No need to be an expert. Refer our practicum and start using it.
The NanoGuru is designed and developed based on a technology which helps the user to study material science at nanoscale, such that they can engineer better material for future need. This process will emphasise on three aspects of knowledge: Technology, Science and Engineering. The teaching modules are designed such that each module will enhance the necessary STEM skills of the user such as technical skill, experimental skill, analytical skill, problem solving skill. Thus, making them more technology ready for future need of industry.
Practicum one introduces the basics of Instrumentation and measurement principles of a given system (in this case we will refer system as NanoGuru ). Where they will learn the following concepts.
This module mainly will enhance the technical skill of the user in how to handle any instrument before they really start using it.
Practicum two introduces the Technology (Nanoindentation) which helps the user to characterize mechanical properties of known material at nanoscale. Where they will learn the following concepts.
This module mainly will enhance the Experimental and analytical skill of the user in how to set up an experiment and how to extract the mechanical property data from the obtained raw data.

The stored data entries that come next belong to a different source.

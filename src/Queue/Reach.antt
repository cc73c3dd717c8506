-- ===== src/Queue/Reach.antt =====
-- The runs of the queue monitor: any sequence of calls of its methods, from a new monitor.
use somethingtrade.Prelude.{ℕ, ◌-◌, refl, max, Bool, Option, none, some, arith}
use somethingtrade.Queue
use somethingtrade.Queue.Counts.{
  IsConsistent, push-Within, length-push, size-IsConsistent, processed-IsConsistent,
  lag-IsConsistent, requested-IsConsistent,
}

-- One call of a method of the monitor.
pub data Step : Queue.QueueBackpressureMonitor → Queue.QueueBackpressureMonitor → Type 0 where
  enqueue :
      (now size : ℕ) (m : Queue.QueueBackpressureMonitor)
      → Step m (Queue.record_enqueue tt now size m).0
  dequeue :
      (enqueued dequeued : ℕ) (done size : Option ℕ) (m : Queue.QueueBackpressureMonitor)
      → Step m (Queue.record_dequeue enqueued dequeued done size m).0
  processed :
      (dequeued done : ℕ) (m : Queue.QueueBackpressureMonitor)
      → Step m (Queue.record_processing_done dequeued done m).0
  requested :
      (duration : ℕ) (m : Queue.QueueBackpressureMonitor)
      → Step m (Queue.record_snapshot_request_duration duration m)
  applied :
      (duration : ℕ) (m : Queue.QueueBackpressureMonitor)
      → Step m (Queue.record_snapshot_apply_duration duration m)
  put :
      (duration : ℕ) (blocked : Bool) (m : Queue.QueueBackpressureMonitor)
      → Step m (Queue.record_queue_put_duration duration blocked m)
  blocking :
      (count : ℕ) (m : Queue.QueueBackpressureMonitor)
      → Step m (Queue.record_snapshot_blocking_lag count m)
  drop_messages :
      (count : ℕ) (m : Queue.QueueBackpressureMonitor) → Step m (Queue.record_drop count m)

pub data Reach (m : Queue.QueueBackpressureMonitor) : Queue.QueueBackpressureMonitor → Type 0 where
  here : Reach m m
  next : {n k : Queue.QueueBackpressureMonitor} → Reach m n → Step n k → Reach m k

init-IsConsistent : (l : Queue.Limits) → IsConsistent (Queue.init l)
unfolding Queue.init
init-IsConsistent l = record {
  total = refl;
  dropped = omega arith;
  depths = (omega arith, tt);
  lags = (omega arith, tt);
  processing = (omega arith, tt);
  requests = omega arith;
  applies = omega arith;
  puts = omega arith;
}

with_size-IsConsistent :
    (size : Option ℕ) (m : Queue.QueueBackpressureMonitor)
    → IsConsistent m
    → IsConsistent (Queue.with_size size m)
with_size-IsConsistent none m h = h
with_size-IsConsistent (some size) m h = record {
  total = h.total;
  dropped = h.dropped;
  depths = h.depths;
  lags = h.lags;
  processing = h.processing;
  requests = h.requests;
  applies = h.applies;
  puts = h.puts;
}

with_done-IsConsistent :
    (dequeued : ℕ) (done : Option ℕ) (m : Queue.QueueBackpressureMonitor)
    → IsConsistent m
    → IsConsistent (Queue.with_done dequeued done m)
with_done-IsConsistent dequeued none m h = h
with_done-IsConsistent dequeued (some done) m h = processed-IsConsistent m h dequeued done

lagged-IsConsistent :
    (lag : ℕ) (m : Queue.QueueBackpressureMonitor)
    → IsConsistent m
    → IsConsistent (record m {
      enqueue_to_dequeue_lag_ns_max = max m.enqueue_to_dequeue_lag_ns_max lag;
      lag_samples = Queue.push m.sample_capacity lag m.lag_samples;
    })
lagged-IsConsistent lag m h = record {
  total = h.total;
  dropped = h.dropped;
  depths = h.depths;
  lags = push-Within m.sample_capacity m.enqueue_to_dequeue_lag_ns_max lag m.lag_samples h.lags;
  processing = h.processing;
  requests = h.requests;
  applies = h.applies;
  puts = h.puts;
}

pub Step-IsConsistent :
    {m n : Queue.QueueBackpressureMonitor} → Step m n → IsConsistent m → IsConsistent n
unfolding Queue.record_enqueue Queue.record_dequeue Queue.record_snapshot_apply_duration
    Queue.record_queue_put_duration Queue.record_snapshot_blocking_lag Queue.record_drop
Step-IsConsistent (enqueue now size m) h = size-IsConsistent m h size
Step-IsConsistent (dequeue enqueued dequeued done size m) h =
    lag-IsConsistent _
      (with_done-IsConsistent dequeued done _
        (lagged-IsConsistent (dequeued - enqueued) _ (with_size-IsConsistent size m h)))
      (dequeued - enqueued)
Step-IsConsistent (processed dequeued done m) h = processed-IsConsistent m h dequeued done
Step-IsConsistent (requested duration m) h = requested-IsConsistent m h duration
Step-IsConsistent (applied duration m) h = record {
  total = h.total;
  dropped = h.dropped;
  depths = h.depths;
  lags = h.lags;
  processing = h.processing;
  requests = h.requests;
  applies = length-push m.sample_capacity duration m.snapshot_apply_duration_samples;
  puts = h.puts;
}
Step-IsConsistent (put duration blocked m) h = record {
  total = h.total;
  dropped = h.dropped;
  depths = h.depths;
  lags = h.lags;
  processing = h.processing;
  requests = h.requests;
  applies = h.applies;
  puts = length-push m.sample_capacity duration m.queue_put_block_samples;
}
Step-IsConsistent (blocking count m) h = record {
  total = refl;
  dropped = h.dropped;
  depths = h.depths;
  lags = h.lags;
  processing = h.processing;
  requests = h.requests;
  applies = h.applies;
  puts = h.puts;
}
Step-IsConsistent (drop_messages count m) h = record {
  total = refl;
  dropped = omega (arith, h.dropped);
  depths = h.depths;
  lags = h.lags;
  processing = h.processing;
  requests = h.requests;
  applies = h.applies;
  puts = h.puts;
}

-- After any calls on a new monitor, the total of backpressure events is the sum of the four kinds,
-- dropped messages are among the size events, no series of samples has more than its capacity, and
-- the maximal depth, lag and processing lag are above all samples kept of their kind.
pub Reach-IsConsistent :
    (l : Queue.Limits) {m : Queue.QueueBackpressureMonitor}
    → Reach (Queue.init l) m
    → IsConsistent m
Reach-IsConsistent l here = init-IsConsistent l
Reach-IsConsistent l (next r s) = Step-IsConsistent s (Reach-IsConsistent l r)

Practicum three emphasise on how to use Technology (Nanoindentation) to apply it to science at nanoscale for a single-phase material. This module helps the user to study how the manufacturing processes will affect the characteristic properties of a known material. Where they will learn the following concepts.
This module mainly will enhance critical thinking and problem-solving skill of the user in how to optimize test condition and how to interpret obtained data as a function of atomic structure of the given sample (scientific analysis)
Practicum three emphasise on how to use Technology (Nanoindentation) to apply it to science at nanoscale for a Multi-phase material. This module helps the user to study the effect of multiple phase on the overall properties of a known material. Where they will learn the following concepts.
This module mainly will enhance critical thinking and problem-solving skill of the user in how to engineer a material with better properties with the concept of microstructure- property relationship. (Better Engineering).
Study of mechanical properties of materials in nanometer scale.
Its important to learn about what's happening at nanoscale and also to extract mechanical properties such as hardness and modulus at nanoscale. The properties vary with respect to different nano phases which are in a bulk nanostructured material. Nanomechanics is the field of technology which involves force in the order of nano newtons or displacement in the order of nano meters. All the displacements and forces which have been incurred by a particular phase in a nanostructured material can be precisely measured in nanoscale range.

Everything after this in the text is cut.